- [Input records]:
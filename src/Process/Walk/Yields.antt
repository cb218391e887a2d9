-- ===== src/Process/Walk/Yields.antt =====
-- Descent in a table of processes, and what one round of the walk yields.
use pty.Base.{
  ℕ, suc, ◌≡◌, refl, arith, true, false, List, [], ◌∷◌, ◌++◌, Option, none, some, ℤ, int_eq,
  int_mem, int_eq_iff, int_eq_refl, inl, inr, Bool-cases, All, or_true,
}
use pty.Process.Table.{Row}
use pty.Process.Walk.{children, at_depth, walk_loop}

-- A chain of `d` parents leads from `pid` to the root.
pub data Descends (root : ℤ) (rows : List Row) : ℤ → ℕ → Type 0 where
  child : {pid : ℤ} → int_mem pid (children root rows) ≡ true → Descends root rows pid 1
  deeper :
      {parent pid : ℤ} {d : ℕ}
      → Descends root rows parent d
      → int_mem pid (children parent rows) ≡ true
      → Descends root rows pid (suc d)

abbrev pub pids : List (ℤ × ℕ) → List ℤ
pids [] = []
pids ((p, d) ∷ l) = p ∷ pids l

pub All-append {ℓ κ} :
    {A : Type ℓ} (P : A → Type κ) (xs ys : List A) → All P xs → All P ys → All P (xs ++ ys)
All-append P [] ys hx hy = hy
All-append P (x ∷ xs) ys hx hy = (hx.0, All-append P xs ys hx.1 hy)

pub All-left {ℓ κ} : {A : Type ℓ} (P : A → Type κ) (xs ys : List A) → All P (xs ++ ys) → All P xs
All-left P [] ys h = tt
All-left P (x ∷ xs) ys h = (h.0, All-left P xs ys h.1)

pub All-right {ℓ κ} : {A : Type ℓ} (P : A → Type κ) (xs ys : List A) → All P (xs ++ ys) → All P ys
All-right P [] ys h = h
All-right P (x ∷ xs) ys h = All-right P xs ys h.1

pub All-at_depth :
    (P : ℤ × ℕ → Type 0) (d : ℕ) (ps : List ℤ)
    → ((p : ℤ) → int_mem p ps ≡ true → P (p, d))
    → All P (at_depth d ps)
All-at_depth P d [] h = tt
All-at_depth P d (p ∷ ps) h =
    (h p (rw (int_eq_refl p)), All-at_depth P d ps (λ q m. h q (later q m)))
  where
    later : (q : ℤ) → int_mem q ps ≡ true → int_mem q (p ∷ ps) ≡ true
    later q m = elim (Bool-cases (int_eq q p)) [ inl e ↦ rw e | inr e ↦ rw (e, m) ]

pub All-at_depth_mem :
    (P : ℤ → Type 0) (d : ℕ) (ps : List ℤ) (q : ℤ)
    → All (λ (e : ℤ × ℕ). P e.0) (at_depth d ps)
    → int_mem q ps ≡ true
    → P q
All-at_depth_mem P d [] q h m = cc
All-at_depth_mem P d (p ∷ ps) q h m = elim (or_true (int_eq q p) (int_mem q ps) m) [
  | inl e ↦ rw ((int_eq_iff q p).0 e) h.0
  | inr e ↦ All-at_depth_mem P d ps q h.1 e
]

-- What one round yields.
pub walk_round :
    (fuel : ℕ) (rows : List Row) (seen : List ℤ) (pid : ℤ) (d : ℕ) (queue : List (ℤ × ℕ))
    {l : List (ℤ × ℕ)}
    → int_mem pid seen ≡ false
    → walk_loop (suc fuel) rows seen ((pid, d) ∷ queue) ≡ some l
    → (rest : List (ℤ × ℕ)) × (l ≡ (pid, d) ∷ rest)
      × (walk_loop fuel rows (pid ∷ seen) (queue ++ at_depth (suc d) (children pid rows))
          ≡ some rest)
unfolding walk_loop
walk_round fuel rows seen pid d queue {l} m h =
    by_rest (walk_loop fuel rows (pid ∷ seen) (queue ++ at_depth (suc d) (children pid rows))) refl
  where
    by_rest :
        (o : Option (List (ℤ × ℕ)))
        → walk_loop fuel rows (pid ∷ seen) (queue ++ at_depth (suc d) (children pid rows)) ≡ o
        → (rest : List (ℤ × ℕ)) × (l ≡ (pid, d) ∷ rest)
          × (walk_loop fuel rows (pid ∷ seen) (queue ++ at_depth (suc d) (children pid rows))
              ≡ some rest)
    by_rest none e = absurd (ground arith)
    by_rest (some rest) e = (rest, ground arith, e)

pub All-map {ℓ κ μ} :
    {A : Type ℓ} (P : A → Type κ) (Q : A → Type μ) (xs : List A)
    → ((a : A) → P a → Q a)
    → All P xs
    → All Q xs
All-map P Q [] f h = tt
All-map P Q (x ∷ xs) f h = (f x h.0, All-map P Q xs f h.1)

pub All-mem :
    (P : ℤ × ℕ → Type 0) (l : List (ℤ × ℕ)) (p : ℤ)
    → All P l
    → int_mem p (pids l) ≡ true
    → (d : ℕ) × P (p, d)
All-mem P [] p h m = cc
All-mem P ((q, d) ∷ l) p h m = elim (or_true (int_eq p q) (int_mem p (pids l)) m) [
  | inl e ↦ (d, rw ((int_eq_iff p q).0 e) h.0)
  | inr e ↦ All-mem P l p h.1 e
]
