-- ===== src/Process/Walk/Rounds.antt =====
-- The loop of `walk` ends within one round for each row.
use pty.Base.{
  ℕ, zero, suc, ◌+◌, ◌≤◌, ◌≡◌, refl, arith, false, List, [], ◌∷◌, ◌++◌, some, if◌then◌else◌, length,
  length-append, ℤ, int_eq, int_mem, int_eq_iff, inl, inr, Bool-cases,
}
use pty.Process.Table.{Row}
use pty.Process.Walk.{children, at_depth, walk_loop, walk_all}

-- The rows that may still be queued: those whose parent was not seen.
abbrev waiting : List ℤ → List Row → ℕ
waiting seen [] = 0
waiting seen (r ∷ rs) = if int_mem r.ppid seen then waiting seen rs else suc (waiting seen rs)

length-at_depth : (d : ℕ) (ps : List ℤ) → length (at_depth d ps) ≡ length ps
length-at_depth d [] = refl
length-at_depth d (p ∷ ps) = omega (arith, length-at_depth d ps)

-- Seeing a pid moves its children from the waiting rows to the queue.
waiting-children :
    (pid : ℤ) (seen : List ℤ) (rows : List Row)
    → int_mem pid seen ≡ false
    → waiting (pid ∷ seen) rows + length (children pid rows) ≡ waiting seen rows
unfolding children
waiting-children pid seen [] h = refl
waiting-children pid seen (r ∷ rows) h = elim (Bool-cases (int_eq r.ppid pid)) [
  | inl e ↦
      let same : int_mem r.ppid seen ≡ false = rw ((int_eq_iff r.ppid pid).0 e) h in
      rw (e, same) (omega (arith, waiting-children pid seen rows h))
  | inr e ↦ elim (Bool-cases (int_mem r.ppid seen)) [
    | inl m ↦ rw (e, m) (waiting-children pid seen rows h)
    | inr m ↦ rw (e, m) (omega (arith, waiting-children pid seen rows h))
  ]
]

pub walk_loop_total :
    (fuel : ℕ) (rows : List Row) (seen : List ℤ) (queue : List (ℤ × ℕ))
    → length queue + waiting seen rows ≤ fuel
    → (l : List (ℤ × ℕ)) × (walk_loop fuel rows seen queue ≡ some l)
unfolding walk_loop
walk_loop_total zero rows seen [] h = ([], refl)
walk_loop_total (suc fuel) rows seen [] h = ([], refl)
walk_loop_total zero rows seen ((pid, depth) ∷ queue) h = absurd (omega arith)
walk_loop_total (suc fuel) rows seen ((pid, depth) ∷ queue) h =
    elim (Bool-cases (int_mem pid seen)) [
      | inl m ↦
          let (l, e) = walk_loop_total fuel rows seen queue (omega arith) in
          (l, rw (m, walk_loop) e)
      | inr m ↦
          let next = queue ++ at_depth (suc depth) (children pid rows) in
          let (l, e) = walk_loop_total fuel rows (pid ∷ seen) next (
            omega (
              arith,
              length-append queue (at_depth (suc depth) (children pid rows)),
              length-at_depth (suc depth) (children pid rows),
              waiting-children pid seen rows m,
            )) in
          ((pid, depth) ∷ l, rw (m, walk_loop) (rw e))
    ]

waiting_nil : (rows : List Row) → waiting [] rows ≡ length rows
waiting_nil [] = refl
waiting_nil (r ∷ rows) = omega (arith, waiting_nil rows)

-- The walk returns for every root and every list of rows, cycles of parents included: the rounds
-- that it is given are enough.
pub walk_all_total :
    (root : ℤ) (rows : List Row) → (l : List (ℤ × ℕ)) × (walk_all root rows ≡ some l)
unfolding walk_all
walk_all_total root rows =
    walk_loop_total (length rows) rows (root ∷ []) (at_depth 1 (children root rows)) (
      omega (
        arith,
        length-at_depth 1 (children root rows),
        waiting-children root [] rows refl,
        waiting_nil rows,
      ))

- [Exercise brief]: Wherever a line in the entries holds "false", copy that line.

- [Answer]:
  ℕ, suc, ◌≡◌, refl, arith, true, false, List, [], ◌∷◌, ◌++◌, Option, none, some, ℤ, int_eq,
    → int_mem pid seen ≡ false
  ℕ, zero, suc, ◌+◌, ◌≤◌, ◌≡◌, refl, arith, false, List, [], ◌∷◌, ◌++◌, some, if◌then◌else◌, length,
    → int_mem pid seen ≡ false
      let same : int_mem r.ppid seen ≡ false = rw ((int_eq_iff r.ppid pid).0 e) h in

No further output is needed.